▸ Assignment
Find the lines in the records below that contain "false", and report each of them.

▸ Stored items
---+---

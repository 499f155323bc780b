-- ===== src/Mangle/Decode.antt =====
-- `mangle_file` can be read back on ASCII, and confuses paths beyond it.
use mozsearch.Prelude.{
  ℕ, ◌+◌, ◌-◌, ◌*◌, ◌/◌, ◌%◌, ◌<◌, ◌≤◌, true, false, List, [], ◌∷◌, ◌++◌, ◌≡◌, refl, ap, sym, ◌∙◌,
  ltb, ◌==◌, if◌then◌else◌, Bool-cases, inl, inr, All, arith, append_assoc, drop, codes,
}
use mozsearch.Mangle.Files.{
  is_safe, first_byte, hex_digit, mangle_char, mangle_file, make_file_sym_from_path,
}

abbrev pub hex_value : ℕ → ℕ
hex_value d = if ltb d b'A' then d - b'0' else d - 55

-- A reader of mangled names: `@` and two digits are a byte.
pub demangle : List ℕ → List ℕ
demangle [] = []
demangle (c ∷ []) = c ∷ []
demangle (c ∷ h ∷ []) = c ∷ h ∷ []
demangle (c ∷ h ∷ l ∷ r) =
    let coded = demangle r in
    let plain = demangle (h ∷ l ∷ r) in
    if c == b'@' then (hex_value h * 16 + hex_value l) ∷ coded else c ∷ plain

abbrev pub IsAscii : List ℕ → Type 0
IsAscii s = All (λ c. c < 128) s

demangle-plain : (c : ℕ) (r : List ℕ) → is_safe c ≡ true → demangle (c ∷ r) ≡ c ∷ demangle r
unfolding demangle
demangle-plain c [] h = refl
demangle-plain c (x ∷ []) h = refl
demangle-plain c (x ∷ y ∷ r) h = ground arith

hex_roundtrip : (d : ℕ) → d < 16 → hex_value (hex_digit d) ≡ d
hex_roundtrip d h = ground arith

demangle-char : (c : ℕ) (r : List ℕ) → c < 128 → demangle (mangle_char c ++ r) ≡ c ∷ demangle r
unfolding mangle_char
demangle-char c r h = elim (Bool-cases (is_safe c)) [
  | inl e ↦ rw e (demangle-plain c r e)
  | inr e ↦
      rw e (
        unfold demangle first_byte in
        ground (arith, hex_roundtrip (c / 16), hex_roundtrip (c % 16)))
]

-- Every ASCII path is read back from its mangled form by a reader that takes `@` and two
-- hexadecimal digits for one byte and every other character for itself.
pub demangle-mangle_file : (path : List ℕ) → IsAscii path → demangle (mangle_file path) ≡ path
unfolding mangle_file
demangle-mangle_file [] h = unfold demangle in refl
demangle-mangle_file (c ∷ path) (h, hs) =
    demangle-char c (mangle_file path) h ∙ ap (λ r. c ∷ r) (demangle-mangle_file path hs)

-- Two ASCII paths with the same file symbol are the same path.
pub make_file_sym_from_path-injective :
    (p q : List ℕ)
    → IsAscii p
    → IsAscii q
    → make_file_sym_from_path p ≡ make_file_sym_from_path q
    → p ≡ q
make_file_sym_from_path-injective p q hp hq e =
    sym (demangle-mangle_file p hp) ∙ ap demangle (same e) ∙ demangle-mangle_file q hq
  where
    same : make_file_sym_from_path p ≡ make_file_sym_from_path q → mangle_file p ≡ mangle_file q
    same e = unfold make_file_sym_from_path in ap (drop 5) e

mangle_file-append : (p q : List ℕ) → mangle_file (p ++ q) ≡ mangle_file p ++ mangle_file q
unfolding mangle_file
mangle_file-append [] q = refl
mangle_file-append (c ∷ p) q =
    ap (λ r. mangle_char c ++ r) (mangle_file-append p q)
    ∙ sym (append_assoc (mangle_char c) (mangle_file p) (mangle_file q))

beyond : (c : ℕ) → 128 ≤ c → is_safe c ≡ false
beyond c h = ground arith

mangle_char_eq :
    (c d : ℕ) → 128 ≤ c → 128 ≤ d → first_byte c ≡ first_byte d → mangle_char c ≡ mangle_char d
unfolding mangle_char
mangle_char_eq c d hc hd e = rw (beyond c hc, beyond d hd, e)

mangle_file-cons :
    (c d : ℕ) (q : List ℕ)
    → mangle_char c ≡ mangle_char d
    → mangle_file (c ∷ q) ≡ mangle_file (d ∷ q)
unfolding mangle_file
mangle_file-cons c d q e = ap (λ r. r ++ mangle_file q) e

-- Two paths that differ in one character beyond ASCII, where both characters' UTF-8 encodings begin
-- with the same byte, have the same file symbol.
pub make_file_sym_from_path_confuses :
    (p q : List ℕ) (c d : ℕ)
    → 128 ≤ c
    → 128 ≤ d
    → first_byte c ≡ first_byte d
    → make_file_sym_from_path (p ++ (c ∷ q)) ≡ make_file_sym_from_path (p ++ (d ∷ q))
unfolding make_file_sym_from_path
make_file_sym_from_path_confuses p q c d hc hd e =
    ap (λ r. codes "FILE_" ++ r)
      (mangle_file-append p (c ∷ q)
        ∙ ap (λ r. mangle_file p ++ r) (mangle_file-cons c d q (mangle_char_eq c d hc hd e))
        ∙ sym (mangle_file-append p (d ∷ q)))
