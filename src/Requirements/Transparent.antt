-- ===== src/Requirements/Transparent.antt =====
-- The cache changes no answer: what selectors are resolved to is what the client gives for them.
use crossplane_diff.Prelude.{
  ◌≡◌, refl, sym, ◌∙◌, Bool, true, false, not, Option, none, some, List, [], ◌∷◌, ◌++◌, Bool-cases,
  inl, inr, if◌then◌else◌, All,
}
use crossplane_diff.Text.{Text, is_empty}
use crossplane_diff.GoMap.{GoMap, lookup, Entries, Entries-insert, lookup-Entries}
use crossplane_diff.Objects.{Fields}
use crossplane_diff.Objects.Api.{Api, Gvk}
use crossplane_diff.Types.Key.{
  NoSlash, make_diff_key, make_diff_key_from_resource, make_diff_key-injective,
}
use crossplane_diff.Result.{Result, ok, err, panic, ◌>>=◌}
use crossplane_diff.Requirements.{
  ResourceSelector, ResourceClient, found, Resolved, selector_gvk, cache_resources,
  get_cached_resource, answered, fetched_by_name, scope_of, resolve_namespace,
  process_name_selector, process_selector, resolve_all,
}
use crossplane_diff.Requirements.Cache.{HasPlainNames}

-- The GroupVersionKind of a selector with the API version and the kind.
abbrev pub gvk_from : Text → Text → Gvk
gvk_from version kind = selector_gvk (record {
  api_version = version;
  kind = kind;
  namespace = [];
  match_name = [];
  match_labels = none;
})

selector_gvk-from : (s : ResourceSelector) → selector_gvk s ≡ gvk_from s.api_version s.kind
unfolding selector_gvk
selector_gvk-from s = refl

abbrev pub resources_of : Result Resolved → Result (List Fields)
resources_of (ok r) = ok r.0
resources_of (err e) = err e
resources_of panic = panic

abbrev with_fetched : List Fields × Bool → Result Resolved
with_fetched r = ok (r.0, if r.1 then [] else r.0)

module _ (api : Api) (client : ResourceClient) where
  -- The cached resource is the one that the client gives for its own identity.
  abbrev pub IsCurrent : Fields → Type 0
  IsCurrent r =
      client.get_resource (gvk_from (api.get_api_version r) (api.get_kind r)) (api.get_namespace r)
        (api.get_name r)
      ≡ found r

  -- Every entry is current and stands at the key of its resource, whose names are plain.
  abbrev pub Coherent : GoMap Fields → Type 0
  Coherent cache =
      Entries (λ k r. (make_diff_key_from_resource api r ≡ k) × HasPlainNames api r × IsCurrent r)
        cache

  -- Caching resources that are current keeps the cache coherent.
  pub cache_resources-Coherent :
      (resources : List Fields) (cache : GoMap Fields)
      → All (λ r. HasPlainNames api r × IsCurrent r) resources
      → Coherent cache
      → Coherent (cache_resources api resources cache)
  unfolding cache_resources
  cache_resources-Coherent [] cache g h = h
  cache_resources-Coherent (r ∷ rest) cache g h = cache_resources-Coherent rest _ g.1 (
      Entries-insert
        (λ k r. (make_diff_key_from_resource api r ≡ k) × HasPlainNames api r × IsCurrent r)
        (make_diff_key_from_resource api r) r cache (refl, g.0.0, g.0.1) h)

  cached_current :
      (cache : GoMap Fields) (version kind ns name : Text) (r : Fields)
      → Coherent cache
      → NoSlash kind
      → NoSlash ns
      → NoSlash name
      → get_cached_resource cache version kind ns name ≡ some r
      → client.get_resource (gvk_from version kind) ns name ≡ found r
  unfolding get_cached_resource
  cached_current cache version kind ns name r h hk hn hm cached =
      let key = make_diff_key version kind ns name in
      let (same, (rk, rn, rm), current) =
        lookup-Entries
          (λ k r. (make_diff_key_from_resource api r ≡ k) × HasPlainNames api r × IsCurrent r) key
          cache h cached in
      let spelled : make_diff_key (api.get_api_version r) (api.get_kind r) (api.get_namespace r)
            (api.get_name r)
          ≡ key =
        unfold make_diff_key_from_resource in same in
      let (v, k, n, m) =
        make_diff_key-injective (api.get_api_version r) (api.get_kind r) (api.get_namespace r)
          (api.get_name r) version kind ns name rk rn rm hk hn hm spelled in
      rw (← v, ← k, ← n, ← m) current

  answered_same :
      (cached : Option Fields) (gvk : Gvk) (ns name : Text)
      → ((r : Fields) → cached ≡ some r → client.get_resource gvk ns name ≡ found r)
      → resources_of (answered client cached gvk ns name >>= with_fetched)
        ≡ resources_of (answered client none gvk ns name >>= with_fetched)
  unfolding answered fetched_by_name
  answered_same none gvk ns name h = refl
  answered_same (some r) gvk ns name h = sym (rw (resources_of, fetched_by_name, h r refl) refl)

  -- Without slashes: the selector's kind and name, and the namespaces that it may be resolved to.
  abbrev pub IsPlain : Text → Option ResourceSelector → Type 0
  IsPlain xr_namespace none = Unit
  IsPlain xr_namespace (some s) =
      NoSlash s.kind × NoSlash s.match_name × NoSlash s.namespace × NoSlash xr_namespace

  plain_namespace :
      (s : ResourceSelector) (xr_namespace : Text) (b : Bool)
      → NoSlash s.namespace
      → NoSlash xr_namespace
      → NoSlash
          (if not b then [] else if not (is_empty s.namespace) then s.namespace else xr_namespace)
  plain_namespace s xr_namespace false h g = unfold crossplane_diff.Text.has_byte in refl
  plain_namespace s xr_namespace true h g = elim (Bool-cases (is_empty s.namespace)) [
    | inl e ↦ rw e g
    | inr e ↦ rw e h
  ]

  by_name_same :
      (cache : GoMap Fields) (s : ResourceSelector) (xr_namespace : Text)
      → Coherent cache
      → IsPlain xr_namespace (some s)
      → resources_of
          (process_name_selector client cache s (selector_gvk s) xr_namespace >>= with_fetched)
        ≡ resources_of
            (process_name_selector client [] s (selector_gvk s) xr_namespace >>= with_fetched)
  unfolding process_name_selector resolve_namespace
  by_name_same cache s xr_namespace h (hk, hm, hn, hx) = go (scope_of client (selector_gvk s))
    where
      go :
          (scope : Result Bool)
          → resources_of (
              (scope
                >>= (λ b. ok (
                    if not b
                    then []
                    else if not (is_empty s.namespace)
                    then s.namespace
                    else xr_namespace))
                >>= (λ ns.
                    answered client
                      (get_cached_resource cache s.api_version s.kind ns s.match_name)
                      (selector_gvk s)
                      ns
                      s.match_name))
              >>= with_fetched)
            ≡ resources_of (
                (scope
                  >>= (λ b. ok (
                      if not b
                      then []
                      else if not (is_empty s.namespace)
                      then s.namespace
                      else xr_namespace))
                  >>= (λ ns.
                      answered client
                        (get_cached_resource [] s.api_version s.kind ns s.match_name)
                        (selector_gvk s)
                        ns
                        s.match_name))
                >>= with_fetched)
      go (ok b) =
          answered_same _ (selector_gvk s) _ s.match_name (λ r e. rw (selector_gvk-from s) (
            cached_current cache s.api_version s.kind _ s.match_name r h hk
              (plain_namespace s xr_namespace b hn hx) hm e))
          ∙ unfold get_cached_resource lookup in refl
      go (err e) = refl
      go panic = refl

  process_selector_same :
      (cache : GoMap Fields) (s : Option ResourceSelector) (xr_namespace : Text)
      → Coherent cache
      → IsPlain xr_namespace s
      → resources_of (process_selector client cache s xr_namespace)
        ≡ resources_of (process_selector client [] s xr_namespace)
  unfolding process_selector
  process_selector_same cache none xr_namespace h plain = refl
  process_selector_same cache (some s) xr_namespace h plain =
      elim (Bool-cases (is_empty s.match_name)) [
        | inl e ↦ rw e
        | inr e ↦ rw e (by_name_same cache s xr_namespace h plain)
      ]

  abbrev both : Result (List Fields) → Result (List Fields) → Result (List Fields)
  both first later = first >>= (λ xs. later >>= (λ ys. ok (xs ++ ys)))

  resources_of-both :
      (first later : Result Resolved)
      → resources_of (first >>= (λ f. later >>= (λ l. ok (f.0 ++ l.0, f.1 ++ l.1))))
        ≡ both (resources_of first) (resources_of later)
  resources_of-both (ok f) (ok l) = refl
  resources_of-both (ok f) (err e) = refl
  resources_of-both (ok f) panic = refl
  resources_of-both (err e) later = refl
  resources_of-both panic later = refl

  -- With a coherent cache, ResolveSelectors finds what it finds without one, and fails as it does
  -- without one.
  pub resolve_all-transparent :
      (cache : GoMap Fields) (selectors : List (Option ResourceSelector)) (xr_namespace : Text)
      → Coherent cache
      → All (IsPlain xr_namespace) selectors
      → resources_of (resolve_all client cache selectors xr_namespace)
        ≡ resources_of (resolve_all client [] selectors xr_namespace)
  unfolding resolve_all
  resolve_all-transparent cache [] xr_namespace h plain = refl
  resolve_all-transparent cache (s ∷ rest) xr_namespace h plain =
      resources_of-both (process_selector client cache s xr_namespace)
        (resolve_all client cache rest xr_namespace)
      ∙ rw
          (
            process_selector_same cache s xr_namespace h plain.0,
            resolve_all-transparent cache rest xr_namespace h plain.1,
          )
          (sym (
            resources_of-both (process_selector client [] s xr_namespace)
              (resolve_all client [] rest xr_namespace)))
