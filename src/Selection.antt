-- ===== src/Selection.antt =====
-- Which composition a resource uses, and which resources use a composition: the clients of
-- cmd/diff/client/crossplane.
pub mod Paths
pub mod Selector
pub mod State
pub mod Definitions
pub mod Revisions
pub mod Match
pub mod Find
pub mod Discover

---+---

▸ Solution for this problem
  ℕ, ◌+◌, ◌-◌, ◌*◌, ◌/◌, ◌%◌, ◌<◌, ◌≤◌, true, false, List, [], ◌∷◌, ◌++◌, ◌≡◌, refl, ap, sym, ◌∙◌,
beyond : (c : ℕ) → 128 ≤ c → is_safe c ≡ false
  ◌≡◌, refl, sym, ◌∙◌, Bool, true, false, not, Option, none, some, List, [], ◌∷◌, ◌++◌, Bool-cases,
  plain_namespace s xr_namespace false h g = unfold crossplane_diff.Text.has_byte in refl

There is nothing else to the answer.